After growing up in a famous house of courtesans, run by her mother, a young American-Chinese girl is kidnapped and her virginity put up for sale, changing the course of her life forever. This book by Amy Tan is about the life of the Shanghai courtesan at the turn of the century, about the nature of racial identity in shaping lives, and about abandonment and our ability to love.
I’ve always really enjoyed Amy Tan’s books, I really like the way she writes about Chinese history through the female perspective, without painting over the ugly parts or sensationalising. She came to write this story after seeing an exhibition about Chinese courtesan culture, and recognising specific types of clothing only worn by these women from photographs of her Grandmother. Whether her Grandmother was a courtesan or not is in doubt, but the story that it brought to her mind gripped her and wouldn’t let go, and so she wrote this book.
It’s probably not the best of her works to read if this is the first time you are reading Amy Tan.
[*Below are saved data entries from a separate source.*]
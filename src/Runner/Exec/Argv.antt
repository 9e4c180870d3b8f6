-- ===== src/Runner/Exec/Argv.antt =====
-- The argument vector stays inside its array of 256 pointers.
use simet_lmapd.Base.{
  ◌+◌, ◌≤◌, ◌≡◌, List, [], ◌∷◌, Option, none, some, arith, leb, Bool-cases, Option-cases, inl, inr,
  length, length-append,
}
use simet_lmapd.Text.{Str}
use simet_lmapd.Model.{LmapOption}
use simet_lmapd.Runner.Exec.{argv_limit, push, push_options, build_argv}

length-push : (argv : List Str) (s : Option Str) → length (push argv s) ≤ length argv + 1
length-push argv none = omega arith
length-push argv (some s) = omega (arith, length-append argv (s ∷ []))

push_options-le :
    (os : List LmapOption) (argv : List Str) {r : List Str}
    → length argv ≤ argv_limit + 2
    → push_options os argv ≡ some r
    → length r ≤ argv_limit + 2
unfolding push_options
push_options-le [] argv h e = ground arith
push_options-le (o ∷ os) argv {r = r} h e = elim (Bool-cases (leb (argv_limit + 1) (length argv))) [
  | inl full ↦ cc (rw (full, push_options) at e)
  | inr room ↦
      push_options-le os (push (push argv o.name) o.value)
        (ground (arith, length-push argv o.name, length-push (push argv o.name) o.value))
        (rw (room, push_options) at e)
]

-- However many options the task and the action have, the vector that is built has at most 254
-- arguments, so its NULL has an index of at most 254 in an array of 256.
pub build_argv-le :
    (program : Str) (task_options action_options : List LmapOption) (argv : List Str)
    → build_argv program task_options action_options ≡ some argv
    → length argv ≤ 254
unfolding build_argv
build_argv-le program ts os argv e = elim (Option-cases (push_options ts (program ∷ []))) [
  | inl bad ↦ cc (rw (bad, build_argv) at e)
  | inr (l, good) ↦
      push_options-le os l (push_options-le ts (program ∷ []) (omega arith) good)
        (rw (good, build_argv) at e)
]
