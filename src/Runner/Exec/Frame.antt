-- ===== src/Runner/Exec/Frame.antt =====
-- What holds of every action of a schedule, and of the trace, is kept by the loops that execute actions.
use simet_lmapd.Base.{List, [], ◌∷◌, All}
use simet_lmapd.Base.Int.{ℤ}
use simet_lmapd.Model.{Action, Schedule, Lmap}
use simet_lmapd.Runner.{Io}
use simet_lmapd.Runner.Exec.{action_exec, exec_all, exec_first}

module _ (lmap : Lmap) (now : ℤ) (s : Schedule) (P : Action → Type 0)
    (keep : (a : Action) (io : Io) → P a → P (action_exec lmap now s a io).0) where
  pub exec_all-All :
      (as_ : List Action) (io : Io) → All P as_ → All P (exec_all lmap now s as_ io).0
  unfolding exec_all
  exec_all-All [] io h = tt
  exec_all-All (a ∷ as_) io h = (keep a io h.0, exec_all-All as_ _ h.1)

  pub exec_first-All :
      (as_ : List Action) (io : Io) → All P as_ → All P (exec_first lmap now s as_ io).0
  unfolding exec_first
  exec_first-All [] io h = tt
  exec_first-All (a ∷ as_) io h = (keep a io h.0, h.1)

module _ (lmap : Lmap) (now : ℤ) (s : Schedule) (Q : Io → Type 0)
    (keep : (a : Action) (io : Io) → Q io → Q (action_exec lmap now s a io).2) where
  pub exec_all-Io : (as_ : List Action) (io : Io) → Q io → Q (exec_all lmap now s as_ io).2
  unfolding exec_all
  exec_all-Io [] io h = h
  exec_all-Io (a ∷ as_) io h = exec_all-Io as_ _ (keep a io h)

  pub exec_first-Io : (as_ : List Action) (io : Io) → Q io → Q (exec_first lmap now s as_ io).2
  unfolding exec_first
  exec_first-Io [] io h = h
  exec_first-Io (a ∷ as_) io h = keep a io h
The book is quite long, and very sad in places, but if you are interested in Chinese history or women’s stories, then you’ll get a lot out of it. It is moving, fascinating and sometimes a bit shocking. The author is powerfully adept at making us feel like the sense that we might be unlovable, or that we are abandoned, which is a universal feeling, is parallel to the sense that the courtesans have that they are disposable and one misstep in their career could be fatal to their health and happiness. The antidote to this is often the strong bonds that the women forge between each other, making sisters of each other and caring for each other as much as possible in a cutthroat world.
Beautiful and heartbreaking, The Valley of Amazement is another wonderful book by a master storyteller.